С перебранкой, которой не виделось конца во всей их жизни, муж и жена вышли на улицу, и покатились их голоса по деревне.
Выбрался и Сухотин на свежий воздух. Глубоко вздохнул, внимательно посмотрел на горящую в распадке луну, послушал азартный собачий лай и хриплое кукареканье петухов, потопал на месте по молоденькому хрусткому снегу и подумал: " А как разумно устроено все в небесах и на земле. Красота, куда ни посмотришь. Но не вбирает человек в свое сердце небесную и земную красу. Пакостно живет. Собака брешет для дела, а человек зачем же на человека лает? Жить бы и жить людям в ладу и добре на этой радостной земле, в родимом Новопашенном, ан нет!.. А я хотел, хочу и буду хотеть до скончания дней моих по законам неба и земли жить… потому я и чужак им".
Произнес Иван Степанович слово чужак и стало ему обидно:
– Не правы они, не правы!
Старик скорбно вздохнул и пошел по сумрачной, но просыпающейся деревне к своему дому, к жене. Надо проведать. Как она там? Да и сын Николай, наверное, приехал на выходные, и внук гостит у старухи – соскучился старик по ним, давненько не видел.
7
Иван Степанович увидел блеклый огонек в стайке – видимо, Ольга Федоровна кормила свинью и козу. Ворота оказались на засове, стучать – не дело, можно в такую рань разбудить всех домашних и соседей. Иван Степанович пролез через дыры в заборах, прошел к своему дому огородами и тихонько постучался в стайку.

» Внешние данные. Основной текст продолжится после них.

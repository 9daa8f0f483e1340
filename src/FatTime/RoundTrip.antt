-- ===== src/FatTime/RoundTrip.antt =====
-- A time stamp holds the time to two seconds, and the order of times.
use net_mount.Base.{
  ℕ, ◌+◌, ◌-◌, ◌*◌, ◌/◌, ◌%◌, ◌^◌, ◌≤◌, ◌<◌, ◌≡◌, ap, ◌∙◌, arith, ltb, bit_and, bit_or_disjoint,
  bit_and_ones, Bool-cases, inl, inr,
}
use net_mount.Bytes.{u32}
use net_mount.FatTime.{
  Tm, push, pack, fat_min, fat_max, tm_to_fat, time_to_fat, fat_to_tm, fat_to_time,
}

-- The fields are in the ranges of a calendar.
pub record InRange (t : Tm) : Type 0 where
  pub sec : t.tm_sec < 60
  pub min : t.tm_min < 60
  pub hour : t.tm_hour < 24
  pub mday : (1 ≤ t.tm_mday) × (t.tm_mday ≤ 31)
  pub month : (1 ≤ t.month) × (t.month ≤ 12)

push-value : (res k v : ℕ) → v < 2 ^ k → res * 2 ^ k < 2 ^ 32 → push res k v ≡ res * 2 ^ k + v
unfolding push
push-value res k v h fits =
    let whole : u32 (res * 2 ^ k) ≡ res * 2 ^ k = omega arith in
    rw whole (bit_or_disjoint k res v h)

-- The number that a time stamp is.
abbrev pub fat_value : Tm → ℕ
fat_value t =
    ((((t.tm_year - 80) * 16 + t.month) * 32 + t.tm_mday) * 32 + t.tm_hour) * 2048
    + t.tm_min * 32
    + t.tm_sec / 2

pub pack-value : (t : Tm) → InRange t → t.tm_year ≤ 207 → pack t ≡ fat_value t
unfolding pack
pack-value t r year =
    let y : ℕ = t.tm_year - 80 in
    let small : y ≤ 127 = omega arith in
    let e1 = push-value y 4 t.month (omega (arith, r.month)) (omega (arith, small)) in
    let v1 : ℕ = y * 16 + t.month in
    let e2 = push-value v1 5 t.tm_mday (omega (arith, r.mday)) (omega (arith, small, r.month)) in
    let v2 : ℕ = v1 * 32 + t.tm_mday in
    let e3 =
      push-value v2 5 t.tm_hour (omega (arith, r.hour)) (omega (arith, small, r.month, r.mday)) in
    let v3 : ℕ = v2 * 32 + t.tm_hour in
    let e4 =
      push-value v3 6 t.tm_min (omega (arith, r.min))
        (omega (arith, small, r.month, r.mday, r.hour)) in
    let v4 : ℕ = v3 * 64 + t.tm_min in
    let e5 =
      push-value v4 5 (t.tm_sec / 2) (omega (arith, r.sec))
        (omega (arith, small, r.month, r.mday, r.hour, r.min)) in
    rw (e1, e2, e3, e4, e5) (omega arith)

fields :
    (v : ℕ) (t : Tm)
    → bit_and v 0x1f * 2 ≡ t.tm_sec
    → bit_and (v / 2 ^ 5) 0x3f ≡ t.tm_min
    → bit_and (v / 2 ^ 5 / 2 ^ 6) 0x1f ≡ t.tm_hour
    → bit_and (v / 2 ^ 5 / 2 ^ 6 / 2 ^ 5) 0x1f ≡ t.tm_mday
    → bit_and (v / 2 ^ 5 / 2 ^ 6 / 2 ^ 5 / 2 ^ 5) 0x0f ≡ t.month
    → v / 2 ^ 5 / 2 ^ 6 / 2 ^ 5 / 2 ^ 5 / 2 ^ 4 + 80 ≡ t.tm_year
    → fat_to_tm v ≡ t
unfolding fat_to_tm
fields v t s mi h d m y = λ i. record {
  tm_sec = s i;
  tm_min = mi i;
  tm_hour = h i;
  tm_mday = d i;
  month = m i;
  tm_year = y i;
}

-- A time stamp gives back the time that it was made from, at an even second. The fields are in
-- range, and the year is 1980 to 2107.
pub fat_to_tm-tm_to_fat :
    (t : Tm)
    → InRange t
    → 80 ≤ t.tm_year
    → t.tm_year ≤ 207
    → fat_to_tm (tm_to_fat t) ≡ record t { tm_sec = t.tm_sec / 2 * 2 }
unfolding tm_to_fat
fat_to_tm-tm_to_fat t r lo hi =
    let packed : tm_to_fat t ≡ fat_value t = ground (arith, lo, hi, pack-value t r hi) in
    let v : ℕ = fat_value t in
    rw packed (
      fields v (record t { tm_sec = t.tm_sec / 2 * 2 }) (omega (arith, bit_and_ones 5 v, r.sec))
        (omega (arith, bit_and_ones 6 (v / 2 ^ 5), r.sec, r.min))
        (omega (arith, bit_and_ones 5 (v / 2 ^ 5 / 2 ^ 6), r.sec, r.min, r.hour))
        (omega (arith, bit_and_ones 5 (v / 2 ^ 5 / 2 ^ 6 / 2 ^ 5), r.sec, r.min, r.hour, r.mday))
        (omega (
          arith,
          bit_and_ones 4 (v / 2 ^ 5 / 2 ^ 6 / 2 ^ 5 / 2 ^ 5),
          r.sec,
          r.min,
          r.hour,
          r.mday,
          r.month,
        ))
        (omega (arith, r.sec, r.min, r.hour, r.mday, r.month, lo, hi)))

-- Every time stamp lies between those of the first and the last time that DOS knows.
pub tm_to_fat_bounds : (t : Tm) → InRange t → (fat_min ≤ tm_to_fat t) × (tm_to_fat t ≤ fat_max)
unfolding tm_to_fat
tm_to_fat_bounds t r = elim (Bool-cases (ltb t.tm_year 80)) [
  | inl early ↦ rw early (omega arith)
  | inr begun ↦ elim (Bool-cases (ltb 207 t.tm_year)) [
    | inl late ↦ rw (begun, late) (omega arith)
    | inr in_time ↦
        let lo : 80 ≤ t.tm_year = ground (arith, begun) in
        let hi : t.tm_year ≤ 207 = ground (arith, in_time) in
        rw (begun, in_time)
          (omega (arith, pack-value t r hi, r.sec, r.min, r.hour, r.mday, r.month, lo))
  ]
]

-- A file's time is set and read back: the time stamp of a time on an even second, between 1980 and
-- 2107, is turned back into that time, where `mktime` inverts `localtime` there.
pub fat_to_time-time_to_fat :
    (localtime : ℕ → Tm) (mktime : Tm → ℕ) (t : ℕ)
    → mktime (localtime t) ≡ t
    → InRange (localtime t)
    → 80 ≤ (localtime t).tm_year
    → (localtime t).tm_year ≤ 207
    → (localtime t).tm_sec % 2 ≡ 0
    → fat_to_time mktime (time_to_fat localtime t) ≡ t
unfolding fat_to_time time_to_fat
fat_to_time-time_to_fat localtime mktime t inverse r lo hi even =
    let whole : (localtime t).tm_sec / 2 * 2 ≡ (localtime t).tm_sec = omega (arith, even) in
    ap mktime (
      fat_to_tm-tm_to_fat (localtime t) r lo hi
      ∙ ap (λ (n : ℕ). record (localtime t) { tm_sec = n }) whole)
    ∙ inverse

– Кто там? – тревожно спросила Ольга Федоровна и высунула из-за двери свое маленькое морщинистое, но такое родное и дорогое Ивану Степановичу лицо. – У-у, ты, что ли, Иван? – искренне удивилась она.
– Ага, – ответил старик, протискиваясь в стайку через узкие и обмерзшие понизу двери. – Что, Олюшка, кормишь архаровцев? – спросил он о козе и свинье.
– Ага, – ответила жена, присаживаясь на перевернутое вверх дном ведро и прижмуриваясь на мужа в тусклом свете лампочки, с лета засиженной мухами.